[quote=Anonymous]
Your ad hominem attack on intelligence is useless. I wouldn’t characterize myself as anti-pit bull but do like science and data. As a self proclaimed intelligent person, you must embrace the same view and have a superior education to show for it. Waiting to hear on those details.
Temple Grandin, one of the foremost animal behaviorist, is long of the opinion that pit bulls are significantly more dangerous to both other animals and people than almost all other breeds. There is a reason, she relates, that 1/3 of the fatal attacks on people the past decades have come from pit bulls. Other negative statistics abound, but even if one disagrees as to the weight to give them, the statistical disparities are significant and make it difficult to argue they are illusory. I will cast my lot with Temple Grandin than someone who without basis calls people on message board in-intelligent. Maybe they just disagree? Of course Grandin concedes that poor owners play a role. But that is the point. With an animal bred for aggression which gives limited or no warning in many cases, there are not many people with specific expertise to properly handle them. How is the public to know? So in the end outcomes really matter, no matter the cause, and they are poor. Observing that data doesn’t make someone not intelligent , just observant. [/quote]

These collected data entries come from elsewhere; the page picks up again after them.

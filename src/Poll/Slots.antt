-- ===== src/Poll/Slots.antt =====
-- The slots of the poll server: which one a new connection gets, and what a removed one leaves.
use smtp_course_work.Base.{
  ℕ, zero, suc, ◌≡◌, ◌≢◌, refl, sym, ap, subst, ◌∙◌, true, false, Option, none, some, List, [], ◌∷◌,
  ◌++◌, Bytes, length, get_elem?, ◌==◌, if◌then◌else◌, arith, Bool-cases, Option-cases, inl, inr,
}
use smtp_course_work.Stailq.{Stailq}
use smtp_course_work.WrBuffer.{reset_wrbuffer}
use smtp_course_work.WrBuffer.Pending.{reset_wrbuffer_lem}
use smtp_course_work.Buffer.{reset_buffer}
use smtp_course_work.Buffer.Contents.{contents}
use smtp_course_work.Cnct.{
  reset_poll_cnct, Cnct, shutdown_cnct, CnctState, cnct_shut, cnct_open, cnct_wait, is_open,
}
use smtp_course_work.Cnct.Lifetime.{Settled, IsSettled, inc_shutdown_IsSettled}
use smtp_course_work.Poll.{Slot, is_shut, occupy, next_index, add_fd, remove_connection}

-- A descriptor goes with an open connection.
abbrev pub Matches : Option ℕ → CnctState → Type 0
Matches none st = is_open st ≡ false
Matches (some fd) st = is_open st ≡ true

module _ (sq : Stailq Bytes) where
  open sq use {view}

  -- The connection is settled and open exactly where the slot has a descriptor; a slot without one has nothing to
  -- be sent.
  pub record IsSlot (s : Slot sq) : Type 0 where
    pub settled : IsSettled s.cnct
    pub matches : Matches s.fd s.cnct.state
    pub idle : s.fd ≡ none → view s.wrbuf.queue ≡ []

  abbrev pub AllSlots : List (Slot sq) → Type 0
  AllSlots [] = Unit
  AllSlots (s ∷ slots) = IsSlot s × AllSlots slots

  abbrev pub NoneShut : List (Slot sq) → Type 0
  NoneShut [] = Unit
  NoneShut (s ∷ slots) = (s.cnct.state ≢ cnct_shut) × NoneShut slots

  -- the slots of before, with the first one that is shut given to the socket, or none of them shut
  pub data Placed (slots : List (Slot sq)) (socket : ℕ) : Option ℕ × List (Slot sq) → Type 0 where
    full : NoneShut slots → Placed slots socket (none, slots)
    placed :
        (before : List (Slot sq)) (s : Slot sq) (after : List (Slot sq))
        → slots ≡ before ++ s ∷ after
        → NoneShut before
        → s.cnct.state ≡ cnct_shut
        → Placed slots socket (some (length before), before ++ occupy sq s socket ∷ after)

  is_shut→shut : (st : CnctState) → is_shut st ≡ true → st ≡ cnct_shut
  unfolding is_shut
  is_shut→shut cnct_shut h = refl
  is_shut→shut cnct_open h = ground arith
  is_shut→shut cnct_wait h = ground arith

  not_shut : (st : CnctState) → is_shut st ≡ false → st ≢ cnct_shut
  unfolding is_shut
  not_shut cnct_shut h e = ground arith
  not_shut cnct_open h e = ground arith
  not_shut cnct_wait h e = ground arith

  Placed-cons :
      (s : Slot sq) (slots : List (Slot sq)) (socket : ℕ) (r : Option ℕ × List (Slot sq))
      → s.cnct.state ≢ cnct_shut
      → Placed slots socket r
      → Placed (s ∷ slots) socket (next_index r.0, s ∷ r.1)
  unfolding next_index
  Placed-cons s slots socket _ ne (full h) = full (ne, h)
  Placed-cons s slots socket _ ne (placed before t after e h shut) =
      placed (s ∷ before) t after (ap (λ l. s ∷ l) e) (ne, h) shut

  -- A new connection gets the first slot that is shut, so never one whose answers are still to come, and the other
  -- slots stay as they are; -1 is returned where no slot is shut, and then nothing changes.
  pub add_fd-Placed :
      (slots : List (Slot sq)) (socket : ℕ) → Placed slots socket (add_fd sq slots socket)
  unfolding add_fd
  add_fd-Placed [] socket = full tt
  add_fd-Placed (s ∷ slots) socket = elim (Bool-cases (is_shut s.cnct.state)) [
    | inl shut ↦ rw shut (placed [] s slots refl tt (is_shut→shut s.cnct.state shut))
    | inr other ↦ rw other (
        Placed-cons s slots socket (add_fd sq slots socket) (not_shut s.cnct.state other)
          (add_fd-Placed slots socket))
  ]

  Matches-shutdown : (c : Cnct) → Matches none (shutdown_cnct c).1.state
  unfolding is_open shutdown_cnct
  Matches-shutdown c = ground arith

  shutdown_state :
      (c : Cnct) → (shutdown_cnct c).1.state ≡ (if c.queue_cnt == 0 then cnct_shut else cnct_wait)
  unfolding shutdown_cnct
  shutdown_state c = refl

  abbrev removed : Slot sq → Slot sq
  removed s = record s {
    fd = none;
    cnct = (shutdown_cnct s.cnct).1;
    wrbuf = (reset_wrbuffer sq s.wrbuf).1;
  }

  remove_some : (s : Slot sq) (fd : ℕ) → s.fd ≡ some fd → remove_connection sq s ≡ removed s
  unfolding remove_connection
  remove_some s fd h = ap (λ f. remove_connection sq (record s { fd = f })) h

  remove_none : (s : Slot sq) → s.fd ≡ none → remove_connection sq s ≡ s
  unfolding remove_connection
  remove_none s h =
      ap (λ f. remove_connection sq (record s { fd = f })) h ∙ ap (λ f. record s { fd = f }) (sym h)

  -- Removing a connection leaves its slot without a descriptor and with nothing to be sent, counts the same answers
  -- still to come, and shuts the connection exactly where there are none.
  pub remove_connection_lem :
      (s : Slot sq)
      → IsSlot s
      → IsSlot (remove_connection sq s)
        × ((remove_connection sq s).fd ≡ none)
        × ((remove_connection sq s).cnct.queue_cnt ≡ s.cnct.queue_cnt)
        × (view (remove_connection sq s).wrbuf.queue ≡ [])
        × ((fd : ℕ)
            → s.fd ≡ some fd
            → (remove_connection sq s).cnct.state
              ≡ (if s.cnct.queue_cnt == 0 then cnct_shut else cnct_wait))
  remove_connection_lem s v = elim (Option-cases s.fd) [
    | inl gone ↦
        rw (remove_none s gone)
          (v, gone, refl, v.idle gone, λ fd e. absurd (ground (arith, e, gone)))
    | inr (fd, here) ↦
        let r = reset_wrbuffer_lem sq s.wrbuf in
        let i = inc_shutdown_IsSettled s.cnct in
        rw (remove_some s fd here) (
          record { settled = i.0; matches = Matches-shutdown s.cnct; idle = λ e. r.1 },
          refl,
          i.1,
          r.1,
          λ fd' e. shutdown_state s.cnct,
        )
  ]

  shut_no_fd : (fd : Option ℕ) (st : CnctState) → Matches fd st → st ≡ cnct_shut → fd ≡ none
  unfolding is_open
  shut_no_fd none st m h = refl
  shut_no_fd (some fd) st m h = absurd (ground (arith, sym m ∙ ap is_open h))

  pub occupy-IsSlot :
      (s : Slot sq) (socket : ℕ)
      → IsSlot s
      → s.cnct.state ≡ cnct_shut
      → IsSlot (occupy sq s socket) × (view s.wrbuf.queue ≡ [])
  unfolding occupy is_open
  occupy-IsSlot s socket v shut = (
    record {
      settled = record { settled = tt };
      matches = refl;
      idle = λ e. absurd (ground (arith, e));
    },
    v.idle (shut_no_fd s.fd s.cnct.state v.matches shut),
  )

  -- The slot that a new connection gets was free, with no answer to come for the one before, and is as if nobody had
  -- had it: open, no answers to come, no bytes received and none to be sent.
  abbrev pub Fresh : List (Slot sq) → List (Slot sq) → ℕ → ℕ → Type 0
  Fresh slots slots' socket i =
      (t : Slot sq) × (s : Slot sq) × (get_elem? slots i ≡ some t)
      × (get_elem? slots' i ≡ some s)
      × (t.fd ≡ none)
      × (t.cnct.queue_cnt ≡ 0)
      × (s.fd ≡ some socket)
      × (s.cnct.state ≡ cnct_open)
      × (s.cnct.queue_cnt ≡ 0)
      × (contents s.cnct.buf ≡ [])
      × (view s.wrbuf.queue ≡ [])

  contents-occupy : (s : Slot sq) (socket : ℕ) → contents (occupy sq s socket).cnct.buf ≡ []
  unfolding occupy reset_poll_cnct reset_buffer contents
  contents-occupy s socket = refl

  Fresh-first :
      (s : Slot sq) (slots : List (Slot sq)) (socket i : ℕ)
      → IsSlot s
      → s.cnct.state ≡ cnct_shut
      → some 0 ≡ some i
      → Fresh (s ∷ slots) (occupy sq s socket ∷ slots) socket i
  unfolding occupy
  Fresh-first s slots socket zero v shut e = (
    s,
    occupy sq s socket,
    refl,
    refl,
    shut_no_fd s.fd s.cnct.state v.matches shut,
    subst (λ st. Settled st s.cnct.queue_cnt) shut v.settled.settled,
    refl,
    refl,
    refl,
    contents-occupy s socket,
    (occupy-IsSlot s socket v shut).1,
  )
  Fresh-first s slots socket (suc i) v shut e = absurd (ground (arith, e))

  Fresh-next :
      (s : Slot sq) (slots slots' : List (Slot sq)) (socket i : ℕ) (o : Option ℕ)
      → ((j : ℕ) → o ≡ some j → Fresh slots slots' socket j)
      → next_index o ≡ some i
      → Fresh (s ∷ slots) (s ∷ slots') socket i
  unfolding next_index
  Fresh-next s slots slots' socket i none h e = absurd (ground (arith, e))
  Fresh-next s slots slots' socket zero (some j) h e = absurd (ground (arith, e))
  Fresh-next s slots slots' socket (suc i) (some j) h e = h i (ground (arith, e))

  pub add_fd-Fresh :
      (slots : List (Slot sq)) (socket : ℕ)
      → AllSlots slots
      → AllSlots (add_fd sq slots socket).1
        × ((i : ℕ)
            → (add_fd sq slots socket).0 ≡ some i
            → Fresh slots (add_fd sq slots socket).1 socket i)
  unfolding add_fd
  add_fd-Fresh [] socket v = (tt, λ i e. absurd (ground (arith, e)))
  add_fd-Fresh (s ∷ slots) socket v = elim (Bool-cases (is_shut s.cnct.state)) [
    | inl shut ↦
        let e = is_shut→shut s.cnct.state shut in
        rw shut
          (((occupy-IsSlot s socket v.0 e).0, v.1), λ i h. Fresh-first s slots socket i v.0 e h)
    | inr other ↦
        let ih = add_fd-Fresh slots socket v.1 in
        rw other (
          (v.0, ih.0),
          λ i e.
              Fresh-next s slots (add_fd sq slots socket).1 socket i (add_fd sq slots socket).0 ih.1
                e,
        )
  ]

Twatty, I googled your alleged Temple Grandin claim, and found nothing of the sort. The only thing I found that comes even remotely close, this:
https://www.powells.com/post/interviews/the-powellscom-interview-with-temple-grandin, says the following:
"Grandin: I am very concerned about the restricted life that we give dogs. I recently had a person in England interviewing me, and in England, when you go to the regular park, not the dog park, you're allowed to have your dog off the leash as long as you're there with it. That's better for the dogs.
Our dogs are living such a controlled life that they're having more and more behavior problems, because they don't have a doggie social life. When I was a child, all the dogs ran loose. The bad side was that lots of dogs were killed by cars. But on the upside, these animals had a really great doggie social life, and therefore a great quality of life.
When a new dog came into the neighborhood that was young, the older dogs put him in his place and taught him social manners. We didn't have all these problems with dog bites. We had three simple rules we learned as kids: Do not bother a dog when he's eating. Don't poke him while he's sleeping — let sleeping dogs lie. You could call him to you, but don't go up and poke him. And don't pet strange dogs you don't know. We followed those rules, and we didn't have all these behavior problems.
The other problem we've got today is people deliberately breeding criminal animals. If they ban pit bulls, there will be some other kind of dog that they're going to totally ruin. It's just criminal, what some people are doing. They're deliberately breeding dogs for very aggressive traits. I heard one horror story from a shelter where there were a whole bunch of puppies that were eight weeks old, from a drug dealer's big-headed pit bull, and every single one of them was sent back for biting. That's genetics."
None of that supports your so-called point. Cite facts or GTFO with your unintelligent fearmongering.